Count how many lines in the material below hold the word "over"; the reply is that number alone.

─── SOURCE DATA ───

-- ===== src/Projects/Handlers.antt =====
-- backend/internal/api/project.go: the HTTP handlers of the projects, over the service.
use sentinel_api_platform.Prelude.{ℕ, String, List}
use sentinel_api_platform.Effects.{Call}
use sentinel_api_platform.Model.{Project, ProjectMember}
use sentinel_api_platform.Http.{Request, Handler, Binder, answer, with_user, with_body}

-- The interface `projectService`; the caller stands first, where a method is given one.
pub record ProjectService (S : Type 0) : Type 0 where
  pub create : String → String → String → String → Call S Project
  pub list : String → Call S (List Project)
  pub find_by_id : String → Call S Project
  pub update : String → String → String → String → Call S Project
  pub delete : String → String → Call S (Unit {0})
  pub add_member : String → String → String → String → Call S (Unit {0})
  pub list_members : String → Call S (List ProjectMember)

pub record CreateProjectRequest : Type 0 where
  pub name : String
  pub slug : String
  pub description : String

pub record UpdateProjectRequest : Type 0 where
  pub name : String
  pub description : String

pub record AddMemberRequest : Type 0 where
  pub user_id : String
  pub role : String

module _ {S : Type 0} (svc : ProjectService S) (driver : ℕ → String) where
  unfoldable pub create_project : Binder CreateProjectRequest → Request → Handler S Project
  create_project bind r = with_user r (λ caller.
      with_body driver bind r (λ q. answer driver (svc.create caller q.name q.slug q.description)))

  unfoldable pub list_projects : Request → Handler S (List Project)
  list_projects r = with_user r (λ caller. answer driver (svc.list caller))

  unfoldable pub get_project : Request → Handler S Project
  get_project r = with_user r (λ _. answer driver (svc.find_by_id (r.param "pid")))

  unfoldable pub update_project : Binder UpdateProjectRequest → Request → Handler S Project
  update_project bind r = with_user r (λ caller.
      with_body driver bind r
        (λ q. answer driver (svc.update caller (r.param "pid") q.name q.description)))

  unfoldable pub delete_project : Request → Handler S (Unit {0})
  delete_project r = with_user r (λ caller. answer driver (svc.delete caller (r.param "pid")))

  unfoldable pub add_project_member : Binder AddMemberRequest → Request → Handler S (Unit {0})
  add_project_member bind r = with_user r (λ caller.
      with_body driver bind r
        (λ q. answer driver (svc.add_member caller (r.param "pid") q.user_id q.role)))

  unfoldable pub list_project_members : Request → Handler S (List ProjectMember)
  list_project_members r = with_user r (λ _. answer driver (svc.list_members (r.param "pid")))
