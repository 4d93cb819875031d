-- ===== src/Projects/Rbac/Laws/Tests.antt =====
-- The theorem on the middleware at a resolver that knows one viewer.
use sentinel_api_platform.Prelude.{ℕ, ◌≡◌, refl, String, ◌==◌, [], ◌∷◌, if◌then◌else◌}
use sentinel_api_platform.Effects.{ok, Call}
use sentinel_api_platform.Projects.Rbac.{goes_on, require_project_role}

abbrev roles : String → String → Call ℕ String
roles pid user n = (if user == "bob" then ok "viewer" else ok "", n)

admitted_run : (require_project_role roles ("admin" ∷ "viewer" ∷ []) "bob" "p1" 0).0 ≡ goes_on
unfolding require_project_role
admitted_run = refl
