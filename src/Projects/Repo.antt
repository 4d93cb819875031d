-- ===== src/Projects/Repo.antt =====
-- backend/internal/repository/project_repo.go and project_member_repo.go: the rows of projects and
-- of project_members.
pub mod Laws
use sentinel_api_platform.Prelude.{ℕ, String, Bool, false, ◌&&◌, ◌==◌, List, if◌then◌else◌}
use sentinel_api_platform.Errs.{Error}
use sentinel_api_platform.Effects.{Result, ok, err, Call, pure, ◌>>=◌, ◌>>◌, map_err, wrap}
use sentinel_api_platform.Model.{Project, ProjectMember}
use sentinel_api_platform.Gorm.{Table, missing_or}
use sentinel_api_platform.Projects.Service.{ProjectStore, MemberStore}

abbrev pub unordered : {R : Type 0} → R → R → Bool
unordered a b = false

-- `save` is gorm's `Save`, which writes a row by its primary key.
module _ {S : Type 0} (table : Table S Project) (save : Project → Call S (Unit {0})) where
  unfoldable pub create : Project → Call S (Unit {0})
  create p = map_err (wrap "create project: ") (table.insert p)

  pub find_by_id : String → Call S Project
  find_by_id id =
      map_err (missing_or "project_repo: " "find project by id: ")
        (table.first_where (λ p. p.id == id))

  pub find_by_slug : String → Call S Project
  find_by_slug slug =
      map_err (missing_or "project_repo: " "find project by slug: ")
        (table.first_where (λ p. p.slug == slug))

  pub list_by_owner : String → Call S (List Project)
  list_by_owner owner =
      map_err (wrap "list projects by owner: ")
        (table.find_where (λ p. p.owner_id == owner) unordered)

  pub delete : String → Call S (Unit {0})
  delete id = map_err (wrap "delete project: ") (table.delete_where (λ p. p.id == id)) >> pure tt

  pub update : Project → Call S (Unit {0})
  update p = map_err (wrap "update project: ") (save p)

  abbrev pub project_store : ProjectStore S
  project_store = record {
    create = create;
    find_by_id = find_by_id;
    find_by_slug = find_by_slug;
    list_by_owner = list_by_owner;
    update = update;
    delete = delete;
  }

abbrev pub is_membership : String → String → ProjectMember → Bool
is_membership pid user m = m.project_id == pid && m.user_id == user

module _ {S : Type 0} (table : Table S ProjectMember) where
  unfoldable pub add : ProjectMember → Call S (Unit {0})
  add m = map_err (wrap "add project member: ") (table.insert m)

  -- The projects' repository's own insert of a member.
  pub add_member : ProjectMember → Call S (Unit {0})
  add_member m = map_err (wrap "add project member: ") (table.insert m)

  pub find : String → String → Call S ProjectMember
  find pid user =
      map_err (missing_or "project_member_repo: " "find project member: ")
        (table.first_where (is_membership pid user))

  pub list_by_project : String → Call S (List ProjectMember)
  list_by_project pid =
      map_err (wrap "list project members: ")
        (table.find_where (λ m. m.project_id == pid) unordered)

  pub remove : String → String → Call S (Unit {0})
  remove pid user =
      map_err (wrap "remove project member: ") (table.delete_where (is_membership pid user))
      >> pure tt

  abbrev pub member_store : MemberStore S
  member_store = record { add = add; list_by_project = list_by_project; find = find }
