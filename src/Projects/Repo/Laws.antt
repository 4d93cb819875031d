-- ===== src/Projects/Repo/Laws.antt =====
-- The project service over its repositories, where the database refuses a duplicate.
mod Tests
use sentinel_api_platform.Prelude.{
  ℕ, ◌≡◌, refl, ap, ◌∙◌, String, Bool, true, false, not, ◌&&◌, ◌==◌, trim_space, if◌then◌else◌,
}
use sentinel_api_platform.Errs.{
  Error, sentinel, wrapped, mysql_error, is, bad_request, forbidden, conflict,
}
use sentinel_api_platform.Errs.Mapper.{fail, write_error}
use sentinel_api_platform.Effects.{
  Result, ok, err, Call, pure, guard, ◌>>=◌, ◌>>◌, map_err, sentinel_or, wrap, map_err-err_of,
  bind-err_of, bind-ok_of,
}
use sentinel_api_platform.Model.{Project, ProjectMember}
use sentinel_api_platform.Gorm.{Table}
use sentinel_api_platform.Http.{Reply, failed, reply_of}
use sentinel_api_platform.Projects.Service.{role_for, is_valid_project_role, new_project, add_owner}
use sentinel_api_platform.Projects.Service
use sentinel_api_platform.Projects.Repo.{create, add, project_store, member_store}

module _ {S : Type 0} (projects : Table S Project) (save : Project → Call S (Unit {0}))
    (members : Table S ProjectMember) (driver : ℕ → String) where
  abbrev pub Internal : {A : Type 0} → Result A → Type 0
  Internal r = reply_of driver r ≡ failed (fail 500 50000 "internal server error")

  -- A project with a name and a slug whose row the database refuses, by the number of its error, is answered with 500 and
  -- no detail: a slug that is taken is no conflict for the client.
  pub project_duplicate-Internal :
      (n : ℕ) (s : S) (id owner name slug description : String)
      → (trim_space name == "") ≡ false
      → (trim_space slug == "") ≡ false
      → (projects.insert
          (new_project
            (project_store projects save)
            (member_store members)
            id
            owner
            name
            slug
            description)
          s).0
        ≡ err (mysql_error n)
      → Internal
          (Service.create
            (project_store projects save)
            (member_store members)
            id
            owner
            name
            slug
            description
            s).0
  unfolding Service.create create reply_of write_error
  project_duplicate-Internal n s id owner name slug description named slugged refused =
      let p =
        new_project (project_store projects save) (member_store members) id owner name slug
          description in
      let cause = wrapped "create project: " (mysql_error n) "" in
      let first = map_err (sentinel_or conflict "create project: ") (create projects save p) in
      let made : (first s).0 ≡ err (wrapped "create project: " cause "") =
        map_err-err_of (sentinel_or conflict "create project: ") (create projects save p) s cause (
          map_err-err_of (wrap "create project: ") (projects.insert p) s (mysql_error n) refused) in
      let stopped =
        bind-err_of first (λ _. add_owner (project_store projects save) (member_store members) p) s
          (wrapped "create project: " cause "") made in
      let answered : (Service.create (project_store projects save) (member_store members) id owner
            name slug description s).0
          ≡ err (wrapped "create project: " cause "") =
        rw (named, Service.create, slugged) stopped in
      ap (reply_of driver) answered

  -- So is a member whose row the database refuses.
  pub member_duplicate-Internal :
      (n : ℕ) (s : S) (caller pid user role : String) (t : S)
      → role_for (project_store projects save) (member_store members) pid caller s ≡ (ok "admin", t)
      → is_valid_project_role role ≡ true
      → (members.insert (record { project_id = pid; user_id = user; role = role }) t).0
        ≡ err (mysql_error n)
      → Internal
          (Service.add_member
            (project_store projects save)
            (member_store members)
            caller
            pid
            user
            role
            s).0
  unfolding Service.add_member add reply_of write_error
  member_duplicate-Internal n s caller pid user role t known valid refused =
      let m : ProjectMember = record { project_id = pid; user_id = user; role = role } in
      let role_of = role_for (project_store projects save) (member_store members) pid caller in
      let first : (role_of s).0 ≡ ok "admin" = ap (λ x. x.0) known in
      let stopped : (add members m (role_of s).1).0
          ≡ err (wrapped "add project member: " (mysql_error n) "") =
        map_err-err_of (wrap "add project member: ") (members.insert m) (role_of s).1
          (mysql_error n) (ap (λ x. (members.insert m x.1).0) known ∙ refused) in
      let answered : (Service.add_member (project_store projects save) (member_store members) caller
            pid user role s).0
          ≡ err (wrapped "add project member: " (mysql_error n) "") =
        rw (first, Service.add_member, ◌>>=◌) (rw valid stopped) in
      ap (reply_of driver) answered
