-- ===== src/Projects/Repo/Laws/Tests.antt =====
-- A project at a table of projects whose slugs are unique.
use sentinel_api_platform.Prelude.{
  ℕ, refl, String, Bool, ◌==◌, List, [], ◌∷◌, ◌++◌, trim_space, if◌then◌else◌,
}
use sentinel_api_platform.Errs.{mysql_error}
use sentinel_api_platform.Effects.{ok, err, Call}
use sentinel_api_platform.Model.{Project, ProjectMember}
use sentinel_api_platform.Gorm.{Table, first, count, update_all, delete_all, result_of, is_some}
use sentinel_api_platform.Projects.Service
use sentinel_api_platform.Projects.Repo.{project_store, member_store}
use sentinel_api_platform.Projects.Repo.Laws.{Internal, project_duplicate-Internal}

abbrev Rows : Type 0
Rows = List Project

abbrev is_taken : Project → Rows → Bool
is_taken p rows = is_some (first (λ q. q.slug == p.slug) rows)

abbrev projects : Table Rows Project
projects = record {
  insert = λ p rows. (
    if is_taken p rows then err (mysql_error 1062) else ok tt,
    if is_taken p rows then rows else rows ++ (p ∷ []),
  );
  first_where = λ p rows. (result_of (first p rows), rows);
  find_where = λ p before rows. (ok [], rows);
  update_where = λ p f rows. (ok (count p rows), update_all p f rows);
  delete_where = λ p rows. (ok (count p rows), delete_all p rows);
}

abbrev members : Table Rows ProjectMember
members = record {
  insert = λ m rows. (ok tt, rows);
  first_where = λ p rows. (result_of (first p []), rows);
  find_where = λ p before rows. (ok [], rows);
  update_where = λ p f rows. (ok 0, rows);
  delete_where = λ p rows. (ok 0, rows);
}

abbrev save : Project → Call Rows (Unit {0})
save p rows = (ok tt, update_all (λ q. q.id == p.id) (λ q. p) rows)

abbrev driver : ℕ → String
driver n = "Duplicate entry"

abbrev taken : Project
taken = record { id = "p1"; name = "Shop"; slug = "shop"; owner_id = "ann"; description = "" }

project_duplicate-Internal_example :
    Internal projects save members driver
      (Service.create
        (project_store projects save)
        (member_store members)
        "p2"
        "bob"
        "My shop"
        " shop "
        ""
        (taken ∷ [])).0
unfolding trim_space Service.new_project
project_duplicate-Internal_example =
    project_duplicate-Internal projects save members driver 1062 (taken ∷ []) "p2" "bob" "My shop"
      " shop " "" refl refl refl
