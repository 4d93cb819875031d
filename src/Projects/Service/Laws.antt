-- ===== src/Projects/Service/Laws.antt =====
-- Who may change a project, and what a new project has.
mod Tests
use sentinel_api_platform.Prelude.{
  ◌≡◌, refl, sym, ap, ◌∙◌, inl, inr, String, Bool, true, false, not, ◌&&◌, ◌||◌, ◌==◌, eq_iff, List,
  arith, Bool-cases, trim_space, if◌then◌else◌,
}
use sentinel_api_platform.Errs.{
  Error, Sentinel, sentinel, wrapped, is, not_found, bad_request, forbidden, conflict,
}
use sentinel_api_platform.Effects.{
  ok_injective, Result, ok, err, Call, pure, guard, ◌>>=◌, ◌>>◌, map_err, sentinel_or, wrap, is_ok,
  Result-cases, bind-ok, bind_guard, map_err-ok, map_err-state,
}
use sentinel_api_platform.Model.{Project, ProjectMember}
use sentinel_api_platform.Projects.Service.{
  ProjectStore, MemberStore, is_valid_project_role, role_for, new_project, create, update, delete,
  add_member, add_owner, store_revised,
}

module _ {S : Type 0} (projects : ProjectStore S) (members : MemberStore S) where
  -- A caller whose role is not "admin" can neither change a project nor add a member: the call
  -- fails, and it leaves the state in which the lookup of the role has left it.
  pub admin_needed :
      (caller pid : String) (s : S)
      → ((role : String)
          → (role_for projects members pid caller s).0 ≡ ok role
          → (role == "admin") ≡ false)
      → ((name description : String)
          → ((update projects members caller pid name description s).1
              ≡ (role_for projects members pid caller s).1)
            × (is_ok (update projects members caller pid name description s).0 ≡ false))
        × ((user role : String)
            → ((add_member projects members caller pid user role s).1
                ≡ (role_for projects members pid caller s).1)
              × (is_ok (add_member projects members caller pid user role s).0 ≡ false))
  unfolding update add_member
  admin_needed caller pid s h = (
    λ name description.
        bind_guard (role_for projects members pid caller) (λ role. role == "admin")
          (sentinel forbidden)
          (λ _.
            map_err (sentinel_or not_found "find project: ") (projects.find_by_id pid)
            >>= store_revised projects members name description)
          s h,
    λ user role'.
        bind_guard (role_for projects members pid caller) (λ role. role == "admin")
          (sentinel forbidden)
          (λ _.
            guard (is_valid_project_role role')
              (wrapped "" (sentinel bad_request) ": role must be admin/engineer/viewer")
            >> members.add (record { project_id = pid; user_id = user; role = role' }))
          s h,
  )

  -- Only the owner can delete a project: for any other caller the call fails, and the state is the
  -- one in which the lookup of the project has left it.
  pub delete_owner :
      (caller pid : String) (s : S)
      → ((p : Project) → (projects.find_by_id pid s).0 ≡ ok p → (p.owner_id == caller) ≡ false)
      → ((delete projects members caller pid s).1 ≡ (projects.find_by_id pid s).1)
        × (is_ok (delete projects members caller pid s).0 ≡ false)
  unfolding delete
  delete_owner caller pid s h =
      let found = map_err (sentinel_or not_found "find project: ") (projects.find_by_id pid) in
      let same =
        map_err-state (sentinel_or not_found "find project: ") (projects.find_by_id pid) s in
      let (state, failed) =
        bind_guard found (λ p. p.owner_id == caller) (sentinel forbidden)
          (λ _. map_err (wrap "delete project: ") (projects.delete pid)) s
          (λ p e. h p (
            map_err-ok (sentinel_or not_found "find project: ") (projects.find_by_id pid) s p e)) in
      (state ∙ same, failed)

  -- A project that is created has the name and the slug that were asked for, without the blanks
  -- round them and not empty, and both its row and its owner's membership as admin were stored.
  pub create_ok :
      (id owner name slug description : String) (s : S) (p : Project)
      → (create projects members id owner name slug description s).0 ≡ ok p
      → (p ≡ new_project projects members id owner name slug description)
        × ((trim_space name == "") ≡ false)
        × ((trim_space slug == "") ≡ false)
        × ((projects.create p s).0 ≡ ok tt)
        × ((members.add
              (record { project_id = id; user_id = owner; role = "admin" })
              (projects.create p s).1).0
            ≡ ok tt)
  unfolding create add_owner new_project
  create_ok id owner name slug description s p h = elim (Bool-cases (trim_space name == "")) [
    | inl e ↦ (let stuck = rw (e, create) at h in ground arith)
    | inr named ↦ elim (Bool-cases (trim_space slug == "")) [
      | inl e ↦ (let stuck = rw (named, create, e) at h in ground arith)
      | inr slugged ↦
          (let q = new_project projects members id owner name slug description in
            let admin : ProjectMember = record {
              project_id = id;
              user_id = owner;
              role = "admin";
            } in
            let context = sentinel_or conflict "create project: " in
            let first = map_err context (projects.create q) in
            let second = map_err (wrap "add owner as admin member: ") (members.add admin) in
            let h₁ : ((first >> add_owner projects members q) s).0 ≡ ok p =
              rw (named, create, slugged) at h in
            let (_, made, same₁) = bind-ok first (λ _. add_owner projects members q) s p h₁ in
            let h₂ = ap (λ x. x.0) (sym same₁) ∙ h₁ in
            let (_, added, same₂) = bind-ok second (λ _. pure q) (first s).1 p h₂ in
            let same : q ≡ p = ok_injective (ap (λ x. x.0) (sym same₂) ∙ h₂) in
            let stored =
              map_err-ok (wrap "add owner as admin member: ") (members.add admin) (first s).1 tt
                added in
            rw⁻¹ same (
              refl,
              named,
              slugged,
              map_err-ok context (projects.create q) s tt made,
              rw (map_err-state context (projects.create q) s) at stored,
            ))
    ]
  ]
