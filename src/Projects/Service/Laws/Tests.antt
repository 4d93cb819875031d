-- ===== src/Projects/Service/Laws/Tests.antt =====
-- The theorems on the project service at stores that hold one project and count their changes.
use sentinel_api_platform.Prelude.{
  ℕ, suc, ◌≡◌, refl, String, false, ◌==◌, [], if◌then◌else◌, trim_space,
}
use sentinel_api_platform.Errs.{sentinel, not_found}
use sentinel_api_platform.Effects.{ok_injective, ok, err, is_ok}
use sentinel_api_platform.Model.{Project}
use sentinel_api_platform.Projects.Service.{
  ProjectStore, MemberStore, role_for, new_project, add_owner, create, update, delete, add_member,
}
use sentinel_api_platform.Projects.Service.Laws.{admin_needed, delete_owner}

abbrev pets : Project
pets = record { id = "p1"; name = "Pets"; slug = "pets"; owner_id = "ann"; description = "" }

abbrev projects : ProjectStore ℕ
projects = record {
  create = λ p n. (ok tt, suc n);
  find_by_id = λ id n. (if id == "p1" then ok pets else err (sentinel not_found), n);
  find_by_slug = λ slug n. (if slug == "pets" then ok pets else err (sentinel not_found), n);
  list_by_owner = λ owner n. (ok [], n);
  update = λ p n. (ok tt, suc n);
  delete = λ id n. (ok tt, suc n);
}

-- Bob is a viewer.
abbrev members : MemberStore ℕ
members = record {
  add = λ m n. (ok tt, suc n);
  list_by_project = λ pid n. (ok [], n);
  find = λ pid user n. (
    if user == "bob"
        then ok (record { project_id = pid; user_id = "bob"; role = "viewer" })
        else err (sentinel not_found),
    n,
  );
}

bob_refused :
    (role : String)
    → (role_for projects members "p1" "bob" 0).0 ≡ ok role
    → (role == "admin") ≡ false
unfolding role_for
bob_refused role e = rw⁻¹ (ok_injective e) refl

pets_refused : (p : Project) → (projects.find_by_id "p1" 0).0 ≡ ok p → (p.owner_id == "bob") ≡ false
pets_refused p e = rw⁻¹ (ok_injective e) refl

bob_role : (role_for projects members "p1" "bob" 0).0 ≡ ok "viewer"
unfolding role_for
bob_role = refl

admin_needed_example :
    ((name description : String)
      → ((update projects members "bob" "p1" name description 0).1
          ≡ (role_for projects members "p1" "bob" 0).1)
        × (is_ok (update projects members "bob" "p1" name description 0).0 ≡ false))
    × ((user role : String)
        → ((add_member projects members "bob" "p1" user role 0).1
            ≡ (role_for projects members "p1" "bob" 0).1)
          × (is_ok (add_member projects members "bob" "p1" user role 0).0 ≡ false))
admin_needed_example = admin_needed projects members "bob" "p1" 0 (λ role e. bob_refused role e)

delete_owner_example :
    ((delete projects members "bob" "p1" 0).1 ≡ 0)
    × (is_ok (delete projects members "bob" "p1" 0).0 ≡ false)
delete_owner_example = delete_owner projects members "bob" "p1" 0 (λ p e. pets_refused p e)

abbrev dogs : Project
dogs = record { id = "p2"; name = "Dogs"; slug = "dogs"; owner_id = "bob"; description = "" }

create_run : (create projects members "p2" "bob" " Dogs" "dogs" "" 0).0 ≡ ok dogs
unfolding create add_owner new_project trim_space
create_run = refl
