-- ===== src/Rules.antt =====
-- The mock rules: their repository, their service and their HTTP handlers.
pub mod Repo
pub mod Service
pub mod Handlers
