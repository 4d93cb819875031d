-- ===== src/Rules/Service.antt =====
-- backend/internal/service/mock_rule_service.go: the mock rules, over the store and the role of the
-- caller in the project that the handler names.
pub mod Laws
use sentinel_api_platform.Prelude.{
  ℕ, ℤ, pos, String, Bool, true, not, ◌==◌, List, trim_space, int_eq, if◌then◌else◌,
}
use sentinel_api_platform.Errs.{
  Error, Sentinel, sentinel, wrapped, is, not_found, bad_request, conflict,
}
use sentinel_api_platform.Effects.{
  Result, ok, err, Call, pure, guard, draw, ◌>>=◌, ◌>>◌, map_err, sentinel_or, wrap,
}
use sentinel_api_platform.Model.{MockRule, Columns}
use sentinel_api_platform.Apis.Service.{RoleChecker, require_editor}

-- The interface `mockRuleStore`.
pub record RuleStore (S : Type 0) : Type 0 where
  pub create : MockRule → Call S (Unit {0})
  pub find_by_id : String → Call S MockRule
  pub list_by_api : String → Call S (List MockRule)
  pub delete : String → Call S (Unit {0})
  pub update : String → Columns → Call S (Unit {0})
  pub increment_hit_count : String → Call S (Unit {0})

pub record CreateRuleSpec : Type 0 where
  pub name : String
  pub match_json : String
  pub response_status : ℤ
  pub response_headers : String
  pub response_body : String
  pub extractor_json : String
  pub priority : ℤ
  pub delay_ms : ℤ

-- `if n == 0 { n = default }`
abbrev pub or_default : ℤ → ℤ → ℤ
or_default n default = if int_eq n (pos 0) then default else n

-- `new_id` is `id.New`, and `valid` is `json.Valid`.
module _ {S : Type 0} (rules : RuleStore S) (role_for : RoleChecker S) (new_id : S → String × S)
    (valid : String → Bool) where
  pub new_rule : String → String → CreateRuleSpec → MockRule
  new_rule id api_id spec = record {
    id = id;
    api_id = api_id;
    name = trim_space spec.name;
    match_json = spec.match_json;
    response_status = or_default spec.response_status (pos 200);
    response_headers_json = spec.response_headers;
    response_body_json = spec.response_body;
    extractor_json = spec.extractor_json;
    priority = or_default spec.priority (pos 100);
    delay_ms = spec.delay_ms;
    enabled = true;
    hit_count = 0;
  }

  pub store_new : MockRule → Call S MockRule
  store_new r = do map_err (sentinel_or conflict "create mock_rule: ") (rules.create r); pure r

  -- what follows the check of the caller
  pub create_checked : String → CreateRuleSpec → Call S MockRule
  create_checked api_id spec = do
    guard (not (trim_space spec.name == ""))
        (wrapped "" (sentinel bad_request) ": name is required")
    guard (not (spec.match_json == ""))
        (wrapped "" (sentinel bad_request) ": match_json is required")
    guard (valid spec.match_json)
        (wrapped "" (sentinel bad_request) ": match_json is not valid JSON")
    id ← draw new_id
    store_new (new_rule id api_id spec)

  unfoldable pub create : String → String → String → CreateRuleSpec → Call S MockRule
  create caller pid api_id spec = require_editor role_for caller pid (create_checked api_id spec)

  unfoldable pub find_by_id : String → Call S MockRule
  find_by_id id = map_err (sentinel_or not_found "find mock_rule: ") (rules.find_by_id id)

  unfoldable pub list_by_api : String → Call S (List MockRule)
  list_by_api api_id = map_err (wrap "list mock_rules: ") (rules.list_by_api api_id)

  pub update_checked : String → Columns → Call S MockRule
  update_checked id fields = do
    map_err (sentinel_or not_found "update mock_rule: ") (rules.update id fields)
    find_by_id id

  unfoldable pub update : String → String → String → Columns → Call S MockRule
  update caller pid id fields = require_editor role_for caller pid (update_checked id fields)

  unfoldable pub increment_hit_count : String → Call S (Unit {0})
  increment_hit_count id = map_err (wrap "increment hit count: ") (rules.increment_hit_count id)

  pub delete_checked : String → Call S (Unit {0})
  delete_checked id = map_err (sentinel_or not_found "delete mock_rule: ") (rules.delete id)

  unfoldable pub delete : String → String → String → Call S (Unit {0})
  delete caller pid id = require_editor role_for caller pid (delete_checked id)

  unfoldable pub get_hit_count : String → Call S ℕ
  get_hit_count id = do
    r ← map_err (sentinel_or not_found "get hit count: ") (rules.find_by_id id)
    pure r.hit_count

───

▸ **EXERCISE ANSWER**
3